Linear regression between RNFLT/GCIPT and MS duration
To determine the effects of long term MS on neuronal loss, we performed linear regression between RNFLT/GCIPT and MS duration using GEE model to correct for age and intra-subject inter-eye correlation (Figure 1). RNFLT decreased at a mean rate (µm/yr) of −0.49 (p=0.0001, Figure 1A) in no-ON and −0.52 (p=0.002, Figure 1B) in ON, and these two slopes were not significantly different (p=0.90). To examine whether RNFLT loss in no-ON eyes was influenced by an ON history in the fellow eye, we analyzed bilateral no-ON eyes (n=95) separately; which showed a slope of −0.37 µm/yr, not different from that for all no-ON eyes (p=0.56).

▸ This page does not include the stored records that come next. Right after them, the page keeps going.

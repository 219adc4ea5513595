-- ===== src/Recovery/Coordinator/Reconcile/Swept.antt =====
-- Every expired attempt is tried, whatever the others raise.
use failure_resolver.Prelude.{
  ℕ, suc, ◌+◌, ◌≡◌, refl, sym, ap, ◌∙◌, List, [], ◌∷◌, ◌++◌, append-nil, append_assoc, length,
  arith, true, some,
}
use failure_resolver.Json.{Fields}
use failure_resolver.Errors.{
  Error, contract, non_executable, live_state_changed, database_unavailable, not_sent, rejected,
  outcome_unknown, timeout, cancelled, value_error, type_error, assertion, other, Result, ok, err,
  Done,
}
use failure_resolver.Runtime.{Runtime}
use failure_resolver.Recovery.Session.{SessionRecord, parse_recovery_session}
use failure_resolver.Recovery.Coordinator.Reconcile.{
  ExpireCall, Reconciler, Sweep, call_of, caught, after_expire, expire_parsed, go_on, expire_rows,
}

-- The calls for the rows that can be read.
unfoldable pub calls_for : Result SessionRecord → List ExpireCall
calls_for (ok s) = call_of s ∷ []
calls_for (err e) = []

unfoldable pub calls_of : Runtime → List Fields → List ExpireCall
unfolding calls_for
calls_of py [] = []
calls_of py (row ∷ rows) = calls_for (parse_recovery_session py row true) ++ calls_of py rows

module _ {W : Type 0} where
  -- `n` rows have been tried, with the calls `cs`.
  pub record Tried (n : ℕ) (cs : List ExpireCall) (s s' : Sweep W) : Type 0 where
    pub calls : s'.expires ≡ s.expires ++ cs
    pub counted :
        s'.stats.expired_attempts_reconciled + s'.stats.execution_errors
        ≡ s.stats.expired_attempts_reconciled + s.stats.execution_errors + n
    pub unknown :
        s'.stats.attempts_unknown + s.stats.expired_attempts_reconciled
        ≡ s.stats.attempts_unknown + s'.stats.expired_attempts_reconciled

  -- All rows have been tried, or the task was cancelled.
  pub data Swept (n : ℕ) (cs : List ExpireCall) (s : Sweep W) : Result Done × Sweep W → Type 0 where
    swept : {s' : Sweep W} → Tried n cs s s' → Swept n cs s (ok tt, s')
    stopped : {s' : Sweep W} → Swept n cs s (err cancelled, s')

  failed :
      (e : Error) (s : Sweep W)
      → Tried 1 [] s (record s {
        stats = record s.stats {
          execution_errors = s.stats.execution_errors + 1;
          last_error_type = some e;
        };
      })
  failed e s = record {
    calls = sym (append-nil s.expires);
    counted = omega arith;
    unknown = omega arith;
  }

  caught-Swept : (e : Error) (s : Sweep W) → Swept 1 [] s (caught e s)
  unfolding caught
  caught-Swept cancelled s = stopped
  caught-Swept contract s = swept (failed contract s)
  caught-Swept non_executable s = swept (failed non_executable s)
  caught-Swept live_state_changed s = swept (failed live_state_changed s)
  caught-Swept database_unavailable s = swept (failed database_unavailable s)
  caught-Swept not_sent s = swept (failed not_sent s)
  caught-Swept rejected s = swept (failed rejected s)
  caught-Swept outcome_unknown s = swept (failed outcome_unknown s)
  caught-Swept timeout s = swept (failed timeout s)
  caught-Swept value_error s = swept (failed value_error s)
  caught-Swept type_error s = swept (failed type_error s)
  caught-Swept assertion s = swept (failed assertion s)
  caught-Swept other s = swept (failed other s)

  Tried-more :
      {n m : ℕ} {cs ds : List ExpireCall} {s s' s'' : Sweep W}
      → Tried n cs s s'
      → Tried m ds s' s''
      → Tried (n + m) (cs ++ ds) s s''
  Tried-more {cs = cs} {ds = ds} {s = s} h k = record {
    calls = k.calls ∙ ap (λ l. l ++ ds) h.calls ∙ append_assoc s.expires cs ds;
    counted = omega (arith, h.counted, k.counted);
    unknown = omega (arith, h.unknown, k.unknown);
  }

  next :
      {n : ℕ} {cs ds : List ExpireCall} {s s' s'' : Sweep W}
      → Tried 1 cs s s'
      → Tried n ds s' s''
      → Tried (suc n) (cs ++ ds) s s''
  next h k =
      let t = Tried-more h k in
      record { calls = t.calls; counted = omega (arith, t.counted); unknown = t.unknown }

module _ (py : Runtime) (rec : Reconciler) where
  after_expire-Swept :
      (x : Result Done) (c : ExpireCall) (w : rec.World) (s : Sweep rec.World)
      → Swept 1 (c ∷ []) s (after_expire x (record s { world = w; expires = s.expires ++ c ∷ [] }))
  unfolding after_expire
  after_expire-Swept (ok d) c w s =
      swept (record { calls = refl; counted = omega arith; unknown = omega arith })
  after_expire-Swept (err e) c w s = again _ (caught-Swept e _)
    where
      again :
          (q : Result Done × Sweep rec.World)
          → Swept 1 [] (record s { world = w; expires = s.expires ++ c ∷ [] }) q
          → Swept 1 (c ∷ []) s q
      again _ (swept t) =
          swept
            (record { calls = t.calls ∙ append-nil _; counted = t.counted; unknown = t.unknown })
      again _ stopped = stopped

  expire_parsed-Swept :
      (x : Result SessionRecord) (s : Sweep rec.World)
      → Swept 1 (calls_for x) s (expire_parsed py rec x s)
  unfolding expire_parsed calls_for
  expire_parsed-Swept (ok session) s = after_expire-Swept _ (call_of session) _ s
  expire_parsed-Swept (err e) s = caught-Swept e s

  go_on-Swept :
      (n : ℕ) (cs ds : List ExpireCall) (s : Sweep rec.World) (q : Result Done × Sweep rec.World)
      (rest : Sweep rec.World → Result Done × Sweep rec.World)
      → Swept 1 cs s q
      → ((s' : Sweep rec.World) → Swept n ds s' (rest s'))
      → Swept (suc n) (cs ++ ds) s (go_on py rec q.0 rest q.1)
  unfolding go_on
  go_on-Swept n cs ds s _ rest (swept {s' = s'} t) h = onward _ (h s')
    where
      onward : (q : Result Done × Sweep rec.World) → Swept n ds s' q → Swept (suc n) (cs ++ ds) s q
      onward _ (swept k) = swept (next t k)
      onward _ stopped = stopped
  go_on-Swept n cs ds s _ rest stopped h = stopped

-- Whatever a row or the database raises, the loop over the expired attempts goes on to the next one,
-- and only a cancellation stops it: if it ends otherwise, `expire` was called once for each row that
-- can be read, in the rows' order, with the identifiers of that row, each row is counted as reconciled
-- or as an error, and as many attempts are counted as unknown as are reconciled.
pub expire_rows-Swept :
    (py : Runtime) (rec : Reconciler) (rows : List Fields) (s : Sweep rec.World)
    → Swept (length rows) (calls_of py rows) s (expire_rows py rec rows s)
unfolding expire_rows calls_of
expire_rows-Swept py rec [] s =
    swept (record { calls = sym (append-nil s.expires); counted = omega arith; unknown = refl })
expire_rows-Swept py rec (row ∷ rows) s =
    go_on-Swept py rec (length rows) (calls_for (parse_recovery_session py row true))
      (calls_of py rows) s _ (expire_rows py rec rows)
      (expire_parsed-Swept py rec (parse_recovery_session py row true) s)
      (λ s'. expire_rows-Swept py rec rows s')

In ON eyes, thinner RNFLT with longer MS might be partially attributed to more recurrent ON events over time. Interestingly, eyes with only one episode of ON (n=73) showed a slightly steeper slope (−0.88 µm/yr) than that of the whole ON group (−0.52 µm/yr) although they were not significantly different (p=0.17). RNFLT in individual quadrants also decreased with MS duration in no-ON and ON eyes (Table 3, cross-sectional data on the left). GCIPT decreased with MS duration at a mean rate (µm/yr) of −0.36 (p=0.005, Figure 1C) in no-ON and −0.41 (p=0.007, Figure 1D) in ON, and these two slopes were not different (p=0.81). GCIPT slope (µm/yr) for bilateral no-ON eyes was −0.33 (p=0.02) and single ON eyes was −0.67 (p<0.0001).
Figure 1.
Scatter plot showing RNFLT vs MS duration (A and B) and GCIPT vs MS duration (C and D) for individual no-ON and ON eyes. Each symbol (circles for RNFLT and squares for GCIPT) represents an individual eye of a patient. Open symbols represent no-ON and filled symbols represent ON eyes. The solid lines are the fitted linear regression lines (GEE models). The dashed lines are the average reported normative values for a cohort between 18 and 84 years of age.9
Table 3.
Slope and p values from linear regression for RNFLT by quadrant and GCIPT in the cross-sectional and longitudinal analysis (corrected for age and intrasubject inter eye correlation, GEE models)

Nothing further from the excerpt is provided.